I am new to TensorFlow objects, could you please help me how can I train my data in chunks using the GPU instance’s memory efficiently?

Thanks in advance.

Hi @Priyanshi_Jajoo,Once you have prepared your dataset you can convert your dataset set in batches. For example,

dataset = tf.data.Dataset.range(8)
batch_dataset = dataset.batch(3)

The above code will convert your data into batches of 3 elements each and you can pass this batch_dataset to train your model. Thank You.

1 Like

HI @Kiran_Sai_Ramineni Thanks for your response, could you please elaborate on how range() method would be helpful here instead of from_tensor_slices()?

I believe the use of tf.data.Dataset.range in @Kiran_Sai_Ramineni’s code example is merely for illustration.

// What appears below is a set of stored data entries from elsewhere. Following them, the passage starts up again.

-- ===== src/Budget/Free.antt =====
-- The index that `_next_free_index` finds.
use padrino.Base.{
  ℕ, zero, suc, ◌+◌, ◌-◌, ◌≡◌, ◌≤◌, ◌<◌, inl, inr, true, false, ◌||◌, List, [], ◌∷◌, count_if,
  length, mem, nat_eq, ltb, leb, Bool-cases, arith,
}
use padrino.Budget.{free_from, next_free_index}

-- How many of the indices are at least `index`.
abbrev ahead : ℕ → List ℕ → ℕ
ahead index physical = count_if (λ i. leb index i) physical

ahead_mono : (index : ℕ) (physical : List ℕ) → ahead (suc index) physical ≤ ahead index physical
unfolding count_if
ahead_mono index [] = omega arith
ahead_mono index (i ∷ physical) = ground (arith, ahead_mono index physical)

ahead_taken :
    (index : ℕ) (physical : List ℕ)
    → mem index physical ≡ true
    → ahead (suc index) physical < ahead index physical
unfolding count_if mem
ahead_taken index [] h = cc
ahead_taken index (i ∷ physical) h =
    ground (arith, h, ahead_mono index physical, ahead_taken index physical)

ahead-le : (index : ℕ) (physical : List ℕ) → ahead index physical ≤ length physical
unfolding count_if
ahead-le index [] = omega arith
ahead-le index (i ∷ physical) = ground (arith, ahead-le index physical)

free_from-fresh :
    (fuel index implicit_used : ℕ) (physical : List ℕ)
    → (implicit_used - index) + ahead index physical < fuel
    → (ltb (free_from fuel index implicit_used physical) implicit_used
        || mem (free_from fuel index implicit_used physical) physical)
      ≡ false
unfolding free_from
free_from-fresh zero index implicit_used physical h = let no : ⊥ = omega arith in elim no [ ]
free_from-fresh (suc fuel) index implicit_used physical h =
    elim (Bool-cases (ltb index implicit_used || mem index physical)) [
      | inr free ↦ rw free free
      | inl taken ↦ rw taken (
          free_from-fresh fuel (suc index) implicit_used physical
            (ground (arith, h, taken, ahead_mono index physical, ahead_taken index physical)))
    ]

-- `_next_free_index` finds an index that is neither implicitly used nor taken.
pub next_free_index-fresh :
    (implicit_used : ℕ) (physical : List ℕ)
    → (ltb (next_free_index implicit_used physical) implicit_used
        || mem (next_free_index implicit_used physical) physical)
      ≡ false
unfolding next_free_index
next_free_index-fresh implicit_used physical =
    let bound = ahead-le 0 physical in
    free_from-fresh (suc (implicit_used + length physical)) 0 implicit_used physical
      (omega (arith, bound))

It’s just a quick way of creating a dataset. You will want to continue to use your own dataset (but batch it).

1 Like

Thanks for clarifying.

Hi @Priyanshi_Jajoo, As @rcauvin mentioned i have used tf.data.Dataset.range for illustration, in the same way you make batches from the dataset created by using tf.data.Dataset.from_tensor_slices. Thank You.